The keto diet aims to induce a “ketogenic” state or “ketosis,” which encourages a body to use calories from fat instead of carbs to create normal metabolic energy. By relying mainly on fat instead of sugar for energy, the body can lose weight quickly.

Both approaches rely on whole foods, fresh vegetables, meat, fish and nuts, while eliminating added sugar, grains and legumes. Moderate to liberal amounts of selected refined oils, such as olive or avocado oils are also encouraged. Keto puts a heavy emphasis on fat, which Healthline reports makes it the cornerstone of the entire diet.

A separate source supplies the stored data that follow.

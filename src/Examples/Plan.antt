-- ===== src/Examples/Plan.antt =====
-- Plans of a report with one repairable finding.
use mathlib.Core.List.{Memᴰ}
use admissorium.Prelude.{String, ◌≡◌, refl, ◌↔◌, true, false, none, some, [], ◌∷◌}
use admissorium.Js.{str, Env}
use admissorium.Text.{print_count, contains, to_upper_case}
use admissorium.Report.{
  AdmissibilityReport, Finding, yellow, admissible_as_projection_repair, audit,
}
use admissorium.Report.Merge.{
  success, build_merge_verdict_artifact, merge_verdict_for_report,
  check_conclusion_for_merge_verdict,
}
use admissorium.Permissions.Policy.{
  missing, load_permission_policy, load_protected_paths_policy, with_permission_defaults,
  with_protected_path_defaults, lookup, normalize_protected_class, canonical_id,
}
use admissorium.Permissions.Decision.{
  allow, Surroundings, decide_write, permission_policy_of, protected_policy_of, mode_of,
  underscored, is_write_disabled, switch_variable, protected_path_decision, mode_flags, flag,
  permitted, stopped, settled,
}
use admissorium.Plan.{Printer}
use admissorium.Plan.CheckRun.{
  CheckRunPlanInput, CheckRunPlan, decision_input, build_check_run_plan,
}
use admissorium.Plan.Repair.{RepairPlanInput, Change, build_repair_plan}
use admissorium.Plan.Repair.Laws.{told, IsEligible, IsTruth, build_repair_plan-parts_iff}
use admissorium.Plan.Quarantine.{QuarantinePlanInput}

abbrev pub unset : Env
unset name = none

abbrev pub around : Surroundings
around = record {
  process_env = unset;
  files = record { permission_policy = missing; protected_paths = missing };
  capitals = λ c. String.◌∷◌ c "";
}

abbrev pub printer : Printer
printer = record {
  stringify = λ v. "";
  interpolate = λ v. "";
  small_letters = λ c. String.◌∷◌ c "";
}

abbrev pub drift : Finding
drift = record {
  finding_id = "f-1";
  severity = yellow;
  repo = "AUCTORISEAL";
  surface = "docs/index.md";
  invariant = "projection";
  expected = str "a";
  observed = str "b";
  source_of_truth = "LEX";
  autofix_allowed = true;
  recommended_action = "repair or quarantine";
}

abbrev pub audited : AdmissibilityReport
audited = record {
  run_id = "Run 1";
  started_at = "2026-01-01";
  org = "Verifrax";
  mode = audit;
  accepted_graph_ref = "a";
  candidate_graph_ref = "c";
  verdict = admissible_as_projection_repair;
  red_count = 0;
  yellow_count = 1;
  green_count = 0;
  quarantine_count = 0;
  findings = drift ∷ [];
  repair_plan_ref = "r";
}

abbrev pub repair_input : RepairPlanInput
repair_input = record {
  report = audited;
  repository_full_name = "Verifrax/AUCTORISEAL";
  base_branch = none;
  branch_prefix = none;
  labels = none;
}

abbrev drift_change : Change
drift_change = told printer drift

build_repair_plan-parts_iff_example :
    (Memᴰ drift_change (build_repair_plan printer repair_input).changes ↔ (
      (f : Finding) × IsEligible audited f
      × (¬ IsTruth f.surface)
      × (drift_change ≡ told printer f)))
    × (Memᴰ drift_change (build_repair_plan printer repair_input).blocked_findings ↔ (
        (f : Finding) × IsEligible audited f × IsTruth f.surface × (drift_change ≡ told printer f)))
build_repair_plan-parts_iff_example = build_repair_plan-parts_iff printer repair_input drift_change

abbrev pub quarantine_input : QuarantinePlanInput
quarantine_input = record {
  report = audited;
  repository_full_name = "Verifrax/AUCTORISEAL";
  labels = none;
}

abbrev pub check_run_input : CheckRunPlanInput
check_run_input = record {
  report = audited;
  head_sha = "abc123";
  repository_full_name = "Verifrax/AUCTORISEAL";
  details_url = none;
  env = none;
  permission_policy = none;
  protected_paths_policy = none;
}

-- the plan of the check run, as the planner makes it
abbrev pub check_run_plan : CheckRunPlan
check_run_plan = record {
  dry_run = true;
  write_behavior = "NONE";
  name = "admissorium-admissibility";
  repository = "Verifrax/AUCTORISEAL";
  head_sha = "abc123";
  status = "completed";
  conclusion = success;
  title = "ADMISSORIUM projection repair required";
  summary =
      "Admissibility verdict: ADMISSIBLE_AS_PROJECTION_REPAIR\nMerge verdict: PASS_WITH_PROJECTION_REPAIR\nRED: 0\nYELLOW: 1\nQUARANTINED: 0\nMerge allowed: true";
  text =
      "ADMISSORIUM does not decide truth.\nADMISSORIUM enforces admissibility of materialized surfaces against the accepted VERIFRAX object graph.\n\n## Counts\n\n- RED: 0\n- YELLOW: 1\n- GREEN: 0\n- QUARANTINED: 0\n\n## Merge verdict\n\n- verdict: PASS_WITH_PROJECTION_REPAIR\n- merge_allowed: true\n- check_conclusion: success\n- reason: Candidate materialization is admissible as projection repair and does not require truth mutation.\n\n## Findings\n\n- YELLOW: f-1 — repair or quarantine";
  merge_verdict = build_merge_verdict_artifact audited;
  permission_decision = record {
    verdict = allow;
    reason = "ALLOWED";
    allowed = false;
    denied = true;
    emergency_stop_active = false;
    dry_run = true;
    requires_governance = false;
    path_touched = false;
    matched_class = none;
    check_run_allowed = true;
    projection_repair_allowed = false;
    quarantine_issue_allowed = false;
  };
  details_url = none;
}

pub check_run-planned : build_check_run_plan around check_run_input ≡ some check_run_plan
unfolding build_check_run_plan decision_input build_merge_verdict_artifact merge_verdict_for_report
    check_conclusion_for_merge_verdict print_count decide_write permission_policy_of
    protected_policy_of load_permission_policy load_protected_paths_policy with_permission_defaults
    with_protected_path_defaults normalize_protected_class canonical_id lookup mode_of underscored
    to_upper_case is_write_disabled switch_variable protected_path_decision mode_flags flag
    permitted stopped settled contains
check_run-planned = refl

Paleo, in turn, encourages the intake of healthy or unrefined fats.

 The diets are undeniably connected to weight loss and there seems to be little doubt if users strictly adhere to either approach significant short-term reductions are possible. It is unclear, however, whether long-term weight loss is possible either because of the nutritional approaches of the plans or the difficulty dieters face keeping pace with the strict guidelines. 

Weight loss is only one consideration for these diets. There are concerns these diets may lead users to new problems. A high-fat “keto-like” diet might be linked to higher levels of so-called “bad cholesterol” and actually “double the risk of cardiovascular events” such as blocked arteries, heart attacks and strokes, according to a new research study by Canadian researchers.

The paleo diet, in turn, might lower the risk of cardiovascular disease by reducing blood pressure and total cholesterol. But by cutting out grains, diets might be missing some critical B vitamins, including thiamine, folate, niacin and riboflavin. The keto diet eliminates grains and fruits, which can cause deficiencies in selenium, magnesium, phosphorus and B and C vitamins.

Ultimately, these approaches may lead to short- and even long-term weight loss, but both low-carbohydrate diets still haven’t been studied sufficiently to determine their potential risks. Claims these diets can cause a risk of heart disease and diabetes, for example, are unfounded, according to research.

 The Mayo Clinic notes dieters may secure the same weight-loss benefits by simply eating a healthy, balanced diet and exercising more.